* [Exercise objective] Every line below from the one containing "registry = delete_virtio_blk-IsRegistry" through the one containing "(query q) h" must be transcribed exactly. Omit all lines outside that stretch.
[Records supplied — start]
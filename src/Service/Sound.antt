-- ===== src/Service/Sound.antt =====
-- What holds in every state that the service reaches.
use opi_nvidia_bridge.Base.{sym, subst}
use opi_nvidia_bridge.Api.Messages.{nvme_subsystem, nvme_controller, nvme_namespace}
use opi_nvidia_bridge.Externals.{Externals}
use opi_nvidia_bridge.Externals.Laws.{
  IsStore, ClonesFaithfully, IdsPlain, NamesApart, controller_name, namespace_name,
}
use opi_nvidia_bridge.Server.{Server, State}
use opi_nvidia_bridge.Subsystem.Registry.{IsRegistry, IsRegistry-of_same}
use opi_nvidia_bridge.Subsystem.Registry.Create.{create_nvme_subsystem-IsRegistry}
use opi_nvidia_bridge.Subsystem.Registry.Delete.{DeletesReliably, delete_nvme_subsystem-IsRegistry}
use opi_nvidia_bridge.Virtio.Keyed.{IsKeyed, create_virtio_blk-IsKeyed, delete_virtio_blk-IsKeyed}
use opi_nvidia_bridge.Service.{
  Step, create_subsystem, delete_subsystem, create_controller, delete_controller, create_namespace,
  delete_namespace, create_blk, delete_blk, query, Reachable, start, step,
}
use opi_nvidia_bridge.Service.Queries.{Query-Observes}
use opi_nvidia_bridge.Service.Named.{IsNamed, IsNamed-same, str_eq-apart}
use opi_nvidia_bridge.Service.Subsystems.{
  create_nvme_subsystem-IsNamed, create_nvme_subsystem-ctrls, delete_nvme_subsystem-IsNamed,
  delete_nvme_subsystem-ctrls,
}
use opi_nvidia_bridge.Service.Controllers.{
  create_nvme_controller-IsNamed, create_nvme_controller-IsNamed_other,
  create_nvme_controller-server, create_nvme_controller-IsRegistry, delete_nvme_controller-IsNamed,
  delete_nvme_controller-IsNamed_other, delete_nvme_controller-server,
  delete_nvme_controller-IsRegistry,
}
use opi_nvidia_bridge.Service.Namespaces.{
  create_nvme_namespace-IsNamed, create_nvme_namespace-IsNamed_other, create_nvme_namespace-server,
  create_nvme_namespace-IsRegistry, delete_nvme_namespace-IsNamed,
  delete_nvme_namespace-IsNamed_other, delete_nvme_namespace-server,
  delete_nvme_namespace-IsRegistry,
}
use opi_nvidia_bridge.Service.Blks.{
  create_virtio_blk-IsNamed, create_virtio_blk-IsRegistry, delete_virtio_blk-IsNamed,
  delete_virtio_blk-IsRegistry,
}

module _ (E : Externals) where
  abbrev pub ControllersNamed : E.Db → Type 0
  ControllersNamed = IsNamed E nvme_controller (λ m. m.name) (controller_name E)

  abbrev pub NamespacesNamed : E.Db → Type 0
  NamespacesNamed = IsNamed E nvme_namespace (λ m. m.name) (namespace_name E)

  -- The registry holds, stored controllers and namespaces carry the names they are stored under, and
  -- so do the virtio-blk controllers in the map.
  pub record IsSound (s : State E) : Type 0 where
    pub registry : IsRegistry E s.server.nqns s.db
    pub controllers : ControllersNamed s.db
    pub namespaces : NamespacesNamed s.db
    pub blks : IsKeyed s.server.virtio_ctrls

module _ (E : Externals) (L : IsStore E) (C : ClonesFaithfully E) (P : IdsPlain E)
    (N : NamesApart E) (D : DeletesReliably E) where
  Step-IsSound : {s t : State E} → Step E s t → IsSound E s → IsSound E t
  Step-IsSound {s} (create_subsystem req) h = record {
    registry = create_nvme_subsystem-IsRegistry E L C P req s h.registry;
    controllers =
        create_nvme_subsystem-IsNamed E L C s nvme_controller _ _
          (λ id i j. str_eq-apart _ _ (N.controller-subsystem i.0 j id)) P req h.controllers;
    namespaces =
        create_nvme_subsystem-IsNamed E L C s nvme_namespace _ _
          (λ id i j. str_eq-apart _ _ (N.namespace-subsystem i.0 j id)) P req h.namespaces;
    blks = subst IsKeyed (sym (create_nvme_subsystem-ctrls E L C s req)) h.blks;
  }
  Step-IsSound {s} (delete_subsystem req i hn) h = record {
    registry = delete_nvme_subsystem-IsRegistry E L D req i s hn h.registry;
    controllers = delete_nvme_subsystem-IsNamed E L C s nvme_controller _ _ req h.controllers;
    namespaces = delete_nvme_subsystem-IsNamed E L C s nvme_namespace _ _ req h.namespaces;
    blks = subst IsKeyed (sym (delete_nvme_subsystem-ctrls E L C s req)) h.blks;
  }
  Step-IsSound {s} (create_controller req) h = record {
    registry = create_nvme_controller-IsRegistry E L C s N.controller-subsystem h.registry req;
    controllers = create_nvme_controller-IsNamed E L C s req h.controllers;
    namespaces =
        create_nvme_controller-IsNamed_other E L C s nvme_namespace _ _ N.controller-namespace P req
          h.namespaces;
    blks =
        subst (λ (x : Server). IsKeyed x.virtio_ctrls)
          (sym (create_nvme_controller-server E L C s req)) h.blks;
  }
  Step-IsSound {s} (delete_controller req i j hn) h = record {
    registry =
        delete_nvme_controller-IsRegistry E L C s N.controller-subsystem h.registry h.controllers
          req i j hn;
    controllers = delete_nvme_controller-IsNamed E L C s req h.controllers;
    namespaces = delete_nvme_controller-IsNamed_other E L C s nvme_namespace _ _ req h.namespaces;
    blks =
        subst (λ (x : Server). IsKeyed x.virtio_ctrls)
          (sym (delete_nvme_controller-server E L C s req)) h.blks;
  }
  Step-IsSound {s} (create_namespace req) h = record {
    registry = create_nvme_namespace-IsRegistry E L C s N.namespace-subsystem h.registry req;
    controllers =
        create_nvme_namespace-IsNamed_other E L C s nvme_controller _ _
          (λ a i b j. str_eq-apart _ _ (N.controller-namespace i a j b)) P req h.controllers;
    namespaces = create_nvme_namespace-IsNamed E L C s req h.namespaces;
    blks =
        subst (λ (x : Server). IsKeyed x.virtio_ctrls)
          (sym (create_nvme_namespace-server E L C s req)) h.blks;
  }
  Step-IsSound {s} (delete_namespace req i j hn) h = record {
    registry =
        delete_nvme_namespace-IsRegistry E L C s N.namespace-subsystem h.registry h.namespaces req i
          j hn;
    controllers = delete_nvme_namespace-IsNamed_other E L C s nvme_controller _ _ req h.controllers;
    namespaces = delete_nvme_namespace-IsNamed E L C s req h.namespaces;
    blks =
        subst (λ (x : Server). IsKeyed x.virtio_ctrls)
          (sym (delete_nvme_namespace-server E L C s req)) h.blks;
  }
  Step-IsSound {s} (create_blk req) h = record {
    registry = create_virtio_blk-IsRegistry E C s req h.registry;
    controllers = create_virtio_blk-IsNamed E C s nvme_controller _ _ req h.controllers;
    namespaces = create_virtio_blk-IsNamed E C s nvme_namespace _ _ req h.namespaces;
    blks = create_virtio_blk-IsKeyed E C req s h.blks;
  }
  Step-IsSound {s} (delete_blk req) h = record {
    registry = delete_virtio_blk-IsRegistry E C s req h.registry;
    controllers = delete_virtio_blk-IsNamed E C s nvme_controller _ _ req h.controllers;
    namespaces = delete_virtio_blk-IsNamed E C s nvme_namespace _ _ req h.namespaces;
    blks = delete_virtio_blk-IsKeyed E req s h.blks;
  }
  Step-IsSound {s} {t} (query q) h =
      let o = Query-Observes E L q in
      record {
        registry =
            subst (λ n. IsRegistry E n t.db) (sym o.same_nqns)
              (IsRegistry-of_same E _ s.db t.db (λ id. o.same_store nvme_subsystem _) h.registry);
        controllers =
            IsNamed-same E nvme_controller _ _ s.db t.db (λ i j. o.same_store nvme_controller _)
              h.controllers;
        namespaces =
            IsNamed-same E nvme_namespace _ _ s.db t.db (λ i j. o.same_store nvme_namespace _)
              h.namespaces;
        blks = subst IsKeyed (sym o.same_virtio_ctrls) h.blks;
      }

  -- If the store behaves as a store and never fails to delete, clones equal their originals,
  -- identifiers have no slash and names of different kinds differ, then any sequence of calls of
  -- all twenty-four handlers, each delete of anything but a virtio-blk controller with a name of
  -- the form of its kind made of such identifiers, with any requests and any answers of the device,
  -- keeps the service sound: the registry holds, stored controllers and namespaces carry the names
  -- that they are stored under, and each virtio-blk controller in the map is under its own name.
  pub Reachable-IsSound : {s t : State E} → Reachable E s t → IsSound E s → IsSound E t
  Reachable-IsSound start h = h
  Reachable-IsSound (step r st) h = Step-IsSound st (Reachable-IsSound r h)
[Records supplied — finish]
* [Task result]
    registry = delete_virtio_blk-IsRegistry E C s req h.registry;
    controllers = delete_virtio_blk-IsNamed E C s nvme_controller _ _ req h.controllers;
    namespaces = delete_virtio_blk-IsNamed E C s nvme_namespace _ _ req h.namespaces;
    blks = delete_virtio_blk-IsKeyed E req s h.blks;
  }
  Step-IsSound {s} {t} (query q) h =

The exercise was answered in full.